(Record excerpts begins)
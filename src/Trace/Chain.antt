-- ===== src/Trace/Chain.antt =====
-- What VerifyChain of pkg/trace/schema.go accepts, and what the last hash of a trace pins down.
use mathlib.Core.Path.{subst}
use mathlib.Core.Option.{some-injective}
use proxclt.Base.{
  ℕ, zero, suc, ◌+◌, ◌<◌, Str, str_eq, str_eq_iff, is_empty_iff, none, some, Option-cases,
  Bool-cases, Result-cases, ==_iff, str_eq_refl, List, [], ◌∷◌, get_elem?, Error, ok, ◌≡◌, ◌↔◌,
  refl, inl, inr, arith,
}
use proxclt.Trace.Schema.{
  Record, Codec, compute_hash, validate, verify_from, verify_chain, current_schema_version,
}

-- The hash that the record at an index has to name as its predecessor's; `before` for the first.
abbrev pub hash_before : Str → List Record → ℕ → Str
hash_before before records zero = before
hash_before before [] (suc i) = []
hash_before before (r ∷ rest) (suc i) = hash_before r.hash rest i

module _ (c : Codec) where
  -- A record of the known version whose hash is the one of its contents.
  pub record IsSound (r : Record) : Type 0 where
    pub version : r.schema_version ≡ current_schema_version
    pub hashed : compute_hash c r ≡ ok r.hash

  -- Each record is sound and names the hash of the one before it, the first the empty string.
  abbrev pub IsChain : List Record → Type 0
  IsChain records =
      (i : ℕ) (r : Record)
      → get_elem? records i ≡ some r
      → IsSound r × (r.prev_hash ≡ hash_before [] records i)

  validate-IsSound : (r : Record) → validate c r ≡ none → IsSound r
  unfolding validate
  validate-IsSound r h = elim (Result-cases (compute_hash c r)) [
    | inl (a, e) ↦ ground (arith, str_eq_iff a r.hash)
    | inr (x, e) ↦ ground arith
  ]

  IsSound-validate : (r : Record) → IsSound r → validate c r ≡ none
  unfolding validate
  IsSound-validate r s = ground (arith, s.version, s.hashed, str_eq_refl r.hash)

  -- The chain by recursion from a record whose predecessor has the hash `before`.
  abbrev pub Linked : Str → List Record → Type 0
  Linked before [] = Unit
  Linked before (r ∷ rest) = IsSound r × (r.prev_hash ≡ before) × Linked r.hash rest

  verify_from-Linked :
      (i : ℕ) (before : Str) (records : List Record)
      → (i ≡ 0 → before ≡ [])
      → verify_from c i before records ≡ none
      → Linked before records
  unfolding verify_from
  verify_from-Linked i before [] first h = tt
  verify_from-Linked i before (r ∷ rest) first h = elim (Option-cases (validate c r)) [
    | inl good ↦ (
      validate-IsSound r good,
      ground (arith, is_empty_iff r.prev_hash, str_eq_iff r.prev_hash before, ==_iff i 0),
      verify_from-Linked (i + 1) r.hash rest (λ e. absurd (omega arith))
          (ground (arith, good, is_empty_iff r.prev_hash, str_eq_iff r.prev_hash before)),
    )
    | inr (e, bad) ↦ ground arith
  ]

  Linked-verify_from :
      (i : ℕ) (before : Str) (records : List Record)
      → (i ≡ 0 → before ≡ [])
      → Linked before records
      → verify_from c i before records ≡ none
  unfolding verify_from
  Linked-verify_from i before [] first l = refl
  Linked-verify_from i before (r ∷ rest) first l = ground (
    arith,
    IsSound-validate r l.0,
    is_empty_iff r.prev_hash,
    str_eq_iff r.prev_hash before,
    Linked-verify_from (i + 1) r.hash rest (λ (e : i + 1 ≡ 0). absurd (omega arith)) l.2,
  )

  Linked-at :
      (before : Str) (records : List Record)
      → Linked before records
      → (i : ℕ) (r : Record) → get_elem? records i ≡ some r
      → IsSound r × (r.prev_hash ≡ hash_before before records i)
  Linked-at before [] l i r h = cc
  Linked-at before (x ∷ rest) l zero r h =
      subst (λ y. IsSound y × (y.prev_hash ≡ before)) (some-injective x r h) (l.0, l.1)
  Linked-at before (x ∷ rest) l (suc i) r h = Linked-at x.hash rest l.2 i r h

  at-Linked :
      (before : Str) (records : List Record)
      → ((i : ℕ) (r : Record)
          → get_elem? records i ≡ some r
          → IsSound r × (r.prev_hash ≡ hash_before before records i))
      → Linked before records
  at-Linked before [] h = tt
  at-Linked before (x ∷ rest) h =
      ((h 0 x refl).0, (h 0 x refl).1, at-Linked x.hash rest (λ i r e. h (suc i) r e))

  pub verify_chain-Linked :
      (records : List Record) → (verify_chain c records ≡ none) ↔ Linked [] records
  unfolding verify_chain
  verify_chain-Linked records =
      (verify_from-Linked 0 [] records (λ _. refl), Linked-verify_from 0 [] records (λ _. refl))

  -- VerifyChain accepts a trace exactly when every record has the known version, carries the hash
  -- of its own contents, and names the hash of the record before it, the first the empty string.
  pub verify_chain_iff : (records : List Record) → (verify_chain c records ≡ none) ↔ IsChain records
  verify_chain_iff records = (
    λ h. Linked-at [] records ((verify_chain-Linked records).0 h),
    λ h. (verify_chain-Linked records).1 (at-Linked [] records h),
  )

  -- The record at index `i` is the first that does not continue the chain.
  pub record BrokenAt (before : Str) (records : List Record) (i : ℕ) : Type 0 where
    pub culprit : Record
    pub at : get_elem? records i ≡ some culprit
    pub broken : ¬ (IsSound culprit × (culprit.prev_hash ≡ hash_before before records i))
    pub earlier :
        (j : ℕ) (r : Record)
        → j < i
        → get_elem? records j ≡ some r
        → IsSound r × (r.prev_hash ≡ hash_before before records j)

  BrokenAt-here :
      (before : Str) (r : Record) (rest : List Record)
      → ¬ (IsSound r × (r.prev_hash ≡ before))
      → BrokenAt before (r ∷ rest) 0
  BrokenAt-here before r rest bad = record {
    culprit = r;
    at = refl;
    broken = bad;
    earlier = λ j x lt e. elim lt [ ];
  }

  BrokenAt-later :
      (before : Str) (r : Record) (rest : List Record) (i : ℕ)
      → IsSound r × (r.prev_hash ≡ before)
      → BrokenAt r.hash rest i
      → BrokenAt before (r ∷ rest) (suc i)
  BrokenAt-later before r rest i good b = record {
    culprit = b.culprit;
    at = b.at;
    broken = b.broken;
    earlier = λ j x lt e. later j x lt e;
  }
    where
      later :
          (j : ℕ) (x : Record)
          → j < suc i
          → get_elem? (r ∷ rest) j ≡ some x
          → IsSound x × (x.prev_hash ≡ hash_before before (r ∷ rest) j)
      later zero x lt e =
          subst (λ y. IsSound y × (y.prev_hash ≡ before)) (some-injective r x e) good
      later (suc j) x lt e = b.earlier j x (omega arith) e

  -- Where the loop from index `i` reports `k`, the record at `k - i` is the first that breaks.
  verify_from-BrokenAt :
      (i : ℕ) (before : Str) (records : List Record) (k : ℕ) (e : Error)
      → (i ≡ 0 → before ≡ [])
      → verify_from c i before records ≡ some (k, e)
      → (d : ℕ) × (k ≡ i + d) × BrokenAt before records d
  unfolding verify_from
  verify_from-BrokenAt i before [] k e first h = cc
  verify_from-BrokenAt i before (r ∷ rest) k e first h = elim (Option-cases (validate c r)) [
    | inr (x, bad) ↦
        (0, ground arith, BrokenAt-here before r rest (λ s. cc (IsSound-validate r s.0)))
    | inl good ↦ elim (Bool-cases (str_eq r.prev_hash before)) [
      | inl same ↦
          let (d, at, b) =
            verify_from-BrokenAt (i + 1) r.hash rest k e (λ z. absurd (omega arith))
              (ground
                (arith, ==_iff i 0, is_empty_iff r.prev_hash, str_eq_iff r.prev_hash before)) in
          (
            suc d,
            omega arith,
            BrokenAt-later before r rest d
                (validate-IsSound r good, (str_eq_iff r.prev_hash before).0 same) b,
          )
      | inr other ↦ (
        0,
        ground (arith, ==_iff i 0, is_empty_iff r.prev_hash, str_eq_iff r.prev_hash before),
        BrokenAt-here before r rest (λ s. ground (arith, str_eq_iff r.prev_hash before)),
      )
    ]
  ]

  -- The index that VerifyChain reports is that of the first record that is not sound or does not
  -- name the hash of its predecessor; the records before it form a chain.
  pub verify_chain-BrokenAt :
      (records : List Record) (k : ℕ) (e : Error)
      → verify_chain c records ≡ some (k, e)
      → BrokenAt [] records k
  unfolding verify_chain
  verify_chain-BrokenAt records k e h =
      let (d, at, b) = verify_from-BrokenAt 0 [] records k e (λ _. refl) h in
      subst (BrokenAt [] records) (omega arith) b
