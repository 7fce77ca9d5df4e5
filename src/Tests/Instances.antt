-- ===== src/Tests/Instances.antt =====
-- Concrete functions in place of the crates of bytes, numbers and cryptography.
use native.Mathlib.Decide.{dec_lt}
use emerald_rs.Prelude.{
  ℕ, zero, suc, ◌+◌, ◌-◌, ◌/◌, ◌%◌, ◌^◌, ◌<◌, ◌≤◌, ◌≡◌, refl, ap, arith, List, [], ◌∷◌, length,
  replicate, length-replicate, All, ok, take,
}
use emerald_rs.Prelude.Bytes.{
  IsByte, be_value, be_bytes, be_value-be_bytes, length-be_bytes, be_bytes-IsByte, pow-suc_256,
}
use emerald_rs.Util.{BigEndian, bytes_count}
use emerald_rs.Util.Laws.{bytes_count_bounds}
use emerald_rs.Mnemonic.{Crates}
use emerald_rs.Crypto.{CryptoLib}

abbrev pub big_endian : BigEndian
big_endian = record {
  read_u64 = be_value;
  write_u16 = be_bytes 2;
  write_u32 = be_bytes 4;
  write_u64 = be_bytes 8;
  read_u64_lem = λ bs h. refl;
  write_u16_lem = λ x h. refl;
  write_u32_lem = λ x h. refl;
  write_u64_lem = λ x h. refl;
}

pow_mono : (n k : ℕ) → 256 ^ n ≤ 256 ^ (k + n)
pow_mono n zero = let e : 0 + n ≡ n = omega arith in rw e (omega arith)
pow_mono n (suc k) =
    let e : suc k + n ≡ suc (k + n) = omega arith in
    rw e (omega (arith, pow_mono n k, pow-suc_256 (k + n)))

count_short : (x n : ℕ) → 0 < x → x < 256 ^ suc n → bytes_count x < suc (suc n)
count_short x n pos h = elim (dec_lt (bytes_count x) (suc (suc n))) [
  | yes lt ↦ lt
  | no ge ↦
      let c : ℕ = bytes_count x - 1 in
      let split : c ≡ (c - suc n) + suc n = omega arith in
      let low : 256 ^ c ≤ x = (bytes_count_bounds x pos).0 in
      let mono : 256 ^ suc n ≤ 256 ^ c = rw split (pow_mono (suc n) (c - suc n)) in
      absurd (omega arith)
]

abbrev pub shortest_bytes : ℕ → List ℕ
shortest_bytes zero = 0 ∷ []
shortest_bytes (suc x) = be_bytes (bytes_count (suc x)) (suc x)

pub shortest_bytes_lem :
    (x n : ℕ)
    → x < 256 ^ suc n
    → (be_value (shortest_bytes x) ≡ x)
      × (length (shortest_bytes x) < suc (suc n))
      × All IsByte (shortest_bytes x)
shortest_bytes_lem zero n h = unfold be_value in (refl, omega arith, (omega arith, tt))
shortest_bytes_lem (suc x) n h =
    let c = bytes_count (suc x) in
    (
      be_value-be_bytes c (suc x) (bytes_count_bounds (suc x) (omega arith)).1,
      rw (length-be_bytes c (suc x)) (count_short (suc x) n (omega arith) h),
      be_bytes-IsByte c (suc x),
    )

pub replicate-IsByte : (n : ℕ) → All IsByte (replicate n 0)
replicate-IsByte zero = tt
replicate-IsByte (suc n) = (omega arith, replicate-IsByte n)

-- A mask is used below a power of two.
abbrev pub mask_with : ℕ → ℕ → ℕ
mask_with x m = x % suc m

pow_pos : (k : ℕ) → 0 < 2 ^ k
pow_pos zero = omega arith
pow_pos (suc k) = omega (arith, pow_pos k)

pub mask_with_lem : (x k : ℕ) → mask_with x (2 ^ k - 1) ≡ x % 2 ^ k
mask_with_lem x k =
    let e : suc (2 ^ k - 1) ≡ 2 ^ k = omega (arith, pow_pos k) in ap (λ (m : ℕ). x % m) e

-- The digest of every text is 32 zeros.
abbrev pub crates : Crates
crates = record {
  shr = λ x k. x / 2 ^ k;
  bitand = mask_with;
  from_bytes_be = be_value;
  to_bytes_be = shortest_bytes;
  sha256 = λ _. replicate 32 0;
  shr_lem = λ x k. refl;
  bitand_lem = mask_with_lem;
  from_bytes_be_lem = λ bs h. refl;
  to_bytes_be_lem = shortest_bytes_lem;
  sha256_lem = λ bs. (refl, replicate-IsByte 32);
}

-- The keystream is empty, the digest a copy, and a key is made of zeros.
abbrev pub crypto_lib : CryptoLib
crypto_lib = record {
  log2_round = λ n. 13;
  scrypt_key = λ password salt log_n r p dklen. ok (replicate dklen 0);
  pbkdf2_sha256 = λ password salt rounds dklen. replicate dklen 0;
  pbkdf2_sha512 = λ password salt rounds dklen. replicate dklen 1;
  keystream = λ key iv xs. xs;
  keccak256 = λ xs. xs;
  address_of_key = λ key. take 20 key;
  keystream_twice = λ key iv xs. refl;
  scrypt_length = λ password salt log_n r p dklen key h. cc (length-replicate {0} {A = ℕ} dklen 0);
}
(Record excerpts ends)
Pull out every line in the data above that has the word "predecessor".

### Answer for the task
-- The hash that the record at an index has to name as its predecessor's; `before` for the first.
  -- The chain by recursion from a record whose predecessor has the hash `before`.
  -- name the hash of its predecessor; the records before it form a chain.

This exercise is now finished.